EXERCISE REQUIREMENTS
Please work out how many lines in the material contain "undefined" and give only that figure.

EXTRACTED INFORMATION
▶

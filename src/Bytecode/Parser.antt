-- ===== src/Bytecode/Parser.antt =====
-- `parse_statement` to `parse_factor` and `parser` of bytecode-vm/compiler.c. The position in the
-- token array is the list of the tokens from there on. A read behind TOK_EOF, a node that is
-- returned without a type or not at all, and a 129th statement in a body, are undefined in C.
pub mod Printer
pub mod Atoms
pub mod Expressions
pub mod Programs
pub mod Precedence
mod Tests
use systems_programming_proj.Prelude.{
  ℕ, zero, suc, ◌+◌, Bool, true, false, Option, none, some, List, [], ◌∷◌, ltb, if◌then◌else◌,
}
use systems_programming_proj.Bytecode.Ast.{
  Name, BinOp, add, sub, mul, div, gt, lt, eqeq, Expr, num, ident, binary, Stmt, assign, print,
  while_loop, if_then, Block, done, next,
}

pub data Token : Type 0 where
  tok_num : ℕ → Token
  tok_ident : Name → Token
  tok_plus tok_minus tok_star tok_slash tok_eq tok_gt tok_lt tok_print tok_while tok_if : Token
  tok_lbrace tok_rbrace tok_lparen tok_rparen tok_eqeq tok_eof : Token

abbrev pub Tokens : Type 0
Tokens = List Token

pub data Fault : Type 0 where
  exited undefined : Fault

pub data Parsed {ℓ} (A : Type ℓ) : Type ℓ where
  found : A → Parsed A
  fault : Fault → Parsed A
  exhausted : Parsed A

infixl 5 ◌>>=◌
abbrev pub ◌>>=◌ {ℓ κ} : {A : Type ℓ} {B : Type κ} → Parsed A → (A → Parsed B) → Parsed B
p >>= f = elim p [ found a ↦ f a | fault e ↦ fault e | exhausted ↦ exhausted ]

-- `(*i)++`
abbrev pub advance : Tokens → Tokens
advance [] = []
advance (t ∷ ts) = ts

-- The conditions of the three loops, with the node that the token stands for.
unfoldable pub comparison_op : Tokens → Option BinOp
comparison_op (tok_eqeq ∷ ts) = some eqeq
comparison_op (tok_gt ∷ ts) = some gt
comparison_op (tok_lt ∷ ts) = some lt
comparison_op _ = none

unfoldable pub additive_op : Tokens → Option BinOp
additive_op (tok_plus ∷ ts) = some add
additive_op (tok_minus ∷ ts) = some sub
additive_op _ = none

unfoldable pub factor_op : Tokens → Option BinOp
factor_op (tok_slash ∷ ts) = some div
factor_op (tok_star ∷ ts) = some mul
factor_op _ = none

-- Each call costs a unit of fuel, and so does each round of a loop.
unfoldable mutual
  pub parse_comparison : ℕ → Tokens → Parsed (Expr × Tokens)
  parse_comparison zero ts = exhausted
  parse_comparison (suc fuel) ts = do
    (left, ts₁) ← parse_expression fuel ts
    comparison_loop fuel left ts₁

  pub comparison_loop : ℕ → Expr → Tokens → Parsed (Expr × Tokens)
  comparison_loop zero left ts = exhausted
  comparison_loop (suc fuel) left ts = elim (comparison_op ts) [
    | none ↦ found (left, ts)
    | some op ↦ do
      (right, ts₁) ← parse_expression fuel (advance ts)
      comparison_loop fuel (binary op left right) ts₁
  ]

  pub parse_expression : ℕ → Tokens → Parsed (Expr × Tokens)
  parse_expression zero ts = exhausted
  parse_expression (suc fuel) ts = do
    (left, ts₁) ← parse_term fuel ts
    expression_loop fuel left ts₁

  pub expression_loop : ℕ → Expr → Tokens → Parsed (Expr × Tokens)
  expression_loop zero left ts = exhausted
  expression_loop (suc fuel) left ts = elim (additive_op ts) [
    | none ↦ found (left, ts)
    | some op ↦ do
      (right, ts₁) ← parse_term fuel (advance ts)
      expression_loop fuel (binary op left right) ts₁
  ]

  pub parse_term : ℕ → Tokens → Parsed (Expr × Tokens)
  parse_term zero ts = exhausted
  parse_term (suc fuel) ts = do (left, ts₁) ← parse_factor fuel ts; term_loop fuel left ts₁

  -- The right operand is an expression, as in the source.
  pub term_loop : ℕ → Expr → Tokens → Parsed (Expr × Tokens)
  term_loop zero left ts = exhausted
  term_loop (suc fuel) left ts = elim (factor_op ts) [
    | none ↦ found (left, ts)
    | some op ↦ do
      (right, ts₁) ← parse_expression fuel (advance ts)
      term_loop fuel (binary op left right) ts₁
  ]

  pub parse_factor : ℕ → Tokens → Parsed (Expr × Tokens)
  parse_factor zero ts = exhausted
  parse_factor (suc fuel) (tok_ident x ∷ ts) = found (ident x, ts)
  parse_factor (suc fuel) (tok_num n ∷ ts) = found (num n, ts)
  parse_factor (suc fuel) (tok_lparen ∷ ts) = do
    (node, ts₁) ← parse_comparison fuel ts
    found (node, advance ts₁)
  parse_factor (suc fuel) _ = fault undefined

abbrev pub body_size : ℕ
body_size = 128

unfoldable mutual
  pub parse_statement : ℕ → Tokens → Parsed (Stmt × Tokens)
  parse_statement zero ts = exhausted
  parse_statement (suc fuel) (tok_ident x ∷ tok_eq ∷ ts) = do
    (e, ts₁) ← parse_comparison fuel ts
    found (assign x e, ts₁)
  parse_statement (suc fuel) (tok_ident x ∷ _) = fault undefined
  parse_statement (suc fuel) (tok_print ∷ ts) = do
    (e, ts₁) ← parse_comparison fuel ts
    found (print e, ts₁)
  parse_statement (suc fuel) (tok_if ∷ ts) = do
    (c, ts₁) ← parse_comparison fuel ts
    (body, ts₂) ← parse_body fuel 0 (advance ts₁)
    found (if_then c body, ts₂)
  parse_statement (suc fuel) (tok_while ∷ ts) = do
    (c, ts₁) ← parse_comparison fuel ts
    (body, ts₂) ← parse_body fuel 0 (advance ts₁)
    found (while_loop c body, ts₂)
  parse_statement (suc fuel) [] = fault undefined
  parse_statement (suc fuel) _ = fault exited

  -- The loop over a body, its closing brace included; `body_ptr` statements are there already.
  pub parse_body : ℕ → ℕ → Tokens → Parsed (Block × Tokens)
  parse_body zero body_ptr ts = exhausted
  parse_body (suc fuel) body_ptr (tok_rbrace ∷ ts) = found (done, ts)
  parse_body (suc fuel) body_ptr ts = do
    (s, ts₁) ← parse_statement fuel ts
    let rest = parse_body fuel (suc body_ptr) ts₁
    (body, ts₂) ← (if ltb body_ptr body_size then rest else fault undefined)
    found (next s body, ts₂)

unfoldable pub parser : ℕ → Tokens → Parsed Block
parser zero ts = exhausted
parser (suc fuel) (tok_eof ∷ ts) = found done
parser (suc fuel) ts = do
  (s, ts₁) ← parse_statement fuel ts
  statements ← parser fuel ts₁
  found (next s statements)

◀
▶

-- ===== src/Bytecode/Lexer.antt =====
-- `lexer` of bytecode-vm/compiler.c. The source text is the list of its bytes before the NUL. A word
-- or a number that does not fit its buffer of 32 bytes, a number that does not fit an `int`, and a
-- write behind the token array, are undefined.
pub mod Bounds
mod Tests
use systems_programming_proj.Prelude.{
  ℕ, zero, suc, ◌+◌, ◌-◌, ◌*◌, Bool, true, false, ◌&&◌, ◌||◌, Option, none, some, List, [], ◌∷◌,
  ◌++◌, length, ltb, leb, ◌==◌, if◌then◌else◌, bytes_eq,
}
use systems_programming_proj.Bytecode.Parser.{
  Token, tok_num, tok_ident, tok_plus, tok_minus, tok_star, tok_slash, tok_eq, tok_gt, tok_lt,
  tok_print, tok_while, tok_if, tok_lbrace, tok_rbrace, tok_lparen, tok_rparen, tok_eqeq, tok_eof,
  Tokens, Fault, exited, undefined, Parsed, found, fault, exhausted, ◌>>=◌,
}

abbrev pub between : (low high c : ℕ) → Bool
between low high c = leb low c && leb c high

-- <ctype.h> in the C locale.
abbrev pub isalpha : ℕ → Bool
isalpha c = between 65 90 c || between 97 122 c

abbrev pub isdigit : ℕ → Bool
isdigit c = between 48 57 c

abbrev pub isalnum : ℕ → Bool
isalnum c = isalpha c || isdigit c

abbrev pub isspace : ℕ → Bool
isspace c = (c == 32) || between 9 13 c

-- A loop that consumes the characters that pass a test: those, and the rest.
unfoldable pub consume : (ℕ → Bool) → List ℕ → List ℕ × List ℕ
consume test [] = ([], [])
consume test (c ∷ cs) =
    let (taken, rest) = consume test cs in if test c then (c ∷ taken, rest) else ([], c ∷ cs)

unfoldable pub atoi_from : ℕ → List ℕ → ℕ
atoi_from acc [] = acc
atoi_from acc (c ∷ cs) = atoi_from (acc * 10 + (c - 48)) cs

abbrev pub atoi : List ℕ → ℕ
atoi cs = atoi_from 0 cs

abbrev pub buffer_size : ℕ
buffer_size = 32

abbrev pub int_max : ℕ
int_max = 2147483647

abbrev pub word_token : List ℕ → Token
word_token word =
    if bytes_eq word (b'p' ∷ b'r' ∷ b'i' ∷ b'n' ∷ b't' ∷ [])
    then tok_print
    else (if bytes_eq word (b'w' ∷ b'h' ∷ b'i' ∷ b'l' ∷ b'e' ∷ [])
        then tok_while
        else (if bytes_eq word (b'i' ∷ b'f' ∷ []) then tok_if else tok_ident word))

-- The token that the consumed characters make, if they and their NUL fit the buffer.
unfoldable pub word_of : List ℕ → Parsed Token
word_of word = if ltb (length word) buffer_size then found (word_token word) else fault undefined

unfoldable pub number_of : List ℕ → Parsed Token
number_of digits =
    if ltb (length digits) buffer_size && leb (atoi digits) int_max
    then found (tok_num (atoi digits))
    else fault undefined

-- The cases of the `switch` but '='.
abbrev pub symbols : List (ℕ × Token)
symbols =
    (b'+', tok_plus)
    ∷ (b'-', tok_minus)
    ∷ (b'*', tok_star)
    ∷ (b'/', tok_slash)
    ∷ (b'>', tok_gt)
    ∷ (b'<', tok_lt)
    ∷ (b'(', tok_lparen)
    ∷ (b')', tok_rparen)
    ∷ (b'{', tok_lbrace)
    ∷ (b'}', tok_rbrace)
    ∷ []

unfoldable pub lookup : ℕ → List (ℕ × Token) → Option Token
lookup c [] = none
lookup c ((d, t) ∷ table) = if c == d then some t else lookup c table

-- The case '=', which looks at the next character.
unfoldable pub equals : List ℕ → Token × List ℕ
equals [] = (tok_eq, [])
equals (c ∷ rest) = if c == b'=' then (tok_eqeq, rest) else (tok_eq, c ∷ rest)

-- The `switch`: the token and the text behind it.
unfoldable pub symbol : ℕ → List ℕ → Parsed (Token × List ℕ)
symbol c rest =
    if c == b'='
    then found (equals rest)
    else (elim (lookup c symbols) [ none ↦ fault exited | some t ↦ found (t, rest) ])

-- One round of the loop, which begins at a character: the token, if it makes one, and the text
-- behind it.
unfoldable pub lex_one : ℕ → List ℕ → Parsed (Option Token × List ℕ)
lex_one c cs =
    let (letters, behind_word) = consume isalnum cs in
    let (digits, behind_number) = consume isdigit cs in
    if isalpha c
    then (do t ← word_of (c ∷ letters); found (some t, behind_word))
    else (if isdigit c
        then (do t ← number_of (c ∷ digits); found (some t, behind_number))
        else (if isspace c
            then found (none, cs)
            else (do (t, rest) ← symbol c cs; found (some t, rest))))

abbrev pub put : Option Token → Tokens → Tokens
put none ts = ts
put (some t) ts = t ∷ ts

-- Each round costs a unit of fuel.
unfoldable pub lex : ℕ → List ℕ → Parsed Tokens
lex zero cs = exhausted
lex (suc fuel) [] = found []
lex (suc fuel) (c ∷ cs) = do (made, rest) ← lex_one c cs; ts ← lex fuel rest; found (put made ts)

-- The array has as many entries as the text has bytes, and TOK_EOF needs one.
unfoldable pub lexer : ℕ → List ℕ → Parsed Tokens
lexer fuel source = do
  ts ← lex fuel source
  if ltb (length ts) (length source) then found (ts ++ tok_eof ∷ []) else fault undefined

◀
▶

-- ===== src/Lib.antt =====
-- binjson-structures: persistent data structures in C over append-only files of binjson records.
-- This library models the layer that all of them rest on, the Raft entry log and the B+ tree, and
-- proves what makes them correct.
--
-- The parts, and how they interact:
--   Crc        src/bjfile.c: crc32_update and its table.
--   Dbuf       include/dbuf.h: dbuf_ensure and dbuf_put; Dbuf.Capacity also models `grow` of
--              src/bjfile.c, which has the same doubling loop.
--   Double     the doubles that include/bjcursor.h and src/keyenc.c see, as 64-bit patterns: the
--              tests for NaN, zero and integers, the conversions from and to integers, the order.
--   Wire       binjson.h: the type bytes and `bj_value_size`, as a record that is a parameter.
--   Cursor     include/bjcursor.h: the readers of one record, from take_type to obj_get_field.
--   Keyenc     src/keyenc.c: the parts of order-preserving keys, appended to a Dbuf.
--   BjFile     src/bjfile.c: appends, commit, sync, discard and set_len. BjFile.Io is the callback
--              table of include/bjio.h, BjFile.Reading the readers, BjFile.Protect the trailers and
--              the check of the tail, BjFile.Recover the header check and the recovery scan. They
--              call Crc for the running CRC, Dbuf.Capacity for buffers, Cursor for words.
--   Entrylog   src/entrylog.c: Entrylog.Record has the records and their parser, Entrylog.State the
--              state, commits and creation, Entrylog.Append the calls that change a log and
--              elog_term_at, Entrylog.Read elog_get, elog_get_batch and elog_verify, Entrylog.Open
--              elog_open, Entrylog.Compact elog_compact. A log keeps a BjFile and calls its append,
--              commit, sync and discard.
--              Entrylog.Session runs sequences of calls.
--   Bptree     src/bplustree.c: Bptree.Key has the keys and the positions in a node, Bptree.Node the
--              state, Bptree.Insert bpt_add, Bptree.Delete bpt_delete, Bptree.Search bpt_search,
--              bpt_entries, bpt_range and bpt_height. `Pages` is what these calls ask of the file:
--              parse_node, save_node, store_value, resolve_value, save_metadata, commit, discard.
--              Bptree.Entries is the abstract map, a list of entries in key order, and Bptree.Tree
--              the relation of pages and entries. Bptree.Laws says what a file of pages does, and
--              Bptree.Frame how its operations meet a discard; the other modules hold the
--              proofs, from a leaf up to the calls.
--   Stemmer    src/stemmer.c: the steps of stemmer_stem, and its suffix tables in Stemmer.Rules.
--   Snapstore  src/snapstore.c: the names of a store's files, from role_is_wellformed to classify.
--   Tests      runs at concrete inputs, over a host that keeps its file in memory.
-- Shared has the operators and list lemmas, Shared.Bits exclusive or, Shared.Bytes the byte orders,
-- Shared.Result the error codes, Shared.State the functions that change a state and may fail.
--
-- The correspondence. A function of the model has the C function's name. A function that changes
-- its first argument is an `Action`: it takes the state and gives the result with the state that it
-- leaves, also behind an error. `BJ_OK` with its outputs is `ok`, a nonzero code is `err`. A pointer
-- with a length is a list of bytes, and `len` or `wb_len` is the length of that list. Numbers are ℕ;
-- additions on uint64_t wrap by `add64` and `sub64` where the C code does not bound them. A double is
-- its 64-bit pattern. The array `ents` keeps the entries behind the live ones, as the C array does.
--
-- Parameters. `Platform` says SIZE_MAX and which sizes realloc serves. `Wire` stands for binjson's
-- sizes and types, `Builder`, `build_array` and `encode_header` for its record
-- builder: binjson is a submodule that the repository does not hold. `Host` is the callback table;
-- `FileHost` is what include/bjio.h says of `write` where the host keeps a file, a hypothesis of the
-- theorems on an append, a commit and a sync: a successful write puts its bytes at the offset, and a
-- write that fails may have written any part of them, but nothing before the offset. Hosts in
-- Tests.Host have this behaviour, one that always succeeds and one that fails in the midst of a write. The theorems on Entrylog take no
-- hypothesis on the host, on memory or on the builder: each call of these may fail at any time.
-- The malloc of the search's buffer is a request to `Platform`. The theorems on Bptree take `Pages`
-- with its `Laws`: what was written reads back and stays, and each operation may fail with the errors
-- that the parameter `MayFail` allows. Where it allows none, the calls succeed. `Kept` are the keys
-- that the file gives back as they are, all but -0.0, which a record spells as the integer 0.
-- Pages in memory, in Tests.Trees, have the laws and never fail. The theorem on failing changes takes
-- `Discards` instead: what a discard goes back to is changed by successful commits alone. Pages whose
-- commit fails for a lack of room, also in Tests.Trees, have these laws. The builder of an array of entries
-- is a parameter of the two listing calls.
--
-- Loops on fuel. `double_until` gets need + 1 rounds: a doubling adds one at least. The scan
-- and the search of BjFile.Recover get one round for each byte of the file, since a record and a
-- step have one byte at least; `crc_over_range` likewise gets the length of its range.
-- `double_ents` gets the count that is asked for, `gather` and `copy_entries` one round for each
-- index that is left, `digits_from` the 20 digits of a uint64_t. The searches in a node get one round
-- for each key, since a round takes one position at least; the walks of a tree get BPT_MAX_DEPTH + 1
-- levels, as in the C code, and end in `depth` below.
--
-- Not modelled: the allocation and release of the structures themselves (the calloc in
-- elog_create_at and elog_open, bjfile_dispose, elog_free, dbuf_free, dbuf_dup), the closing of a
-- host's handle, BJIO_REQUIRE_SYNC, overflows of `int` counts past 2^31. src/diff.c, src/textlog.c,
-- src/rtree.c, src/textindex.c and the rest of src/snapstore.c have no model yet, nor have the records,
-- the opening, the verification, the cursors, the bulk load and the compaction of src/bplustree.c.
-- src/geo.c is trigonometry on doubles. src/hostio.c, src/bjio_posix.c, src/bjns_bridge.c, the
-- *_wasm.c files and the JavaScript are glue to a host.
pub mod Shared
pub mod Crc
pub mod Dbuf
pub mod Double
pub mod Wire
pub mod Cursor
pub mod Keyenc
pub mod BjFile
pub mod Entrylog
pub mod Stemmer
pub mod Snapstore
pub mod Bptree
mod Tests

◀

WRITTEN SOLUTION
11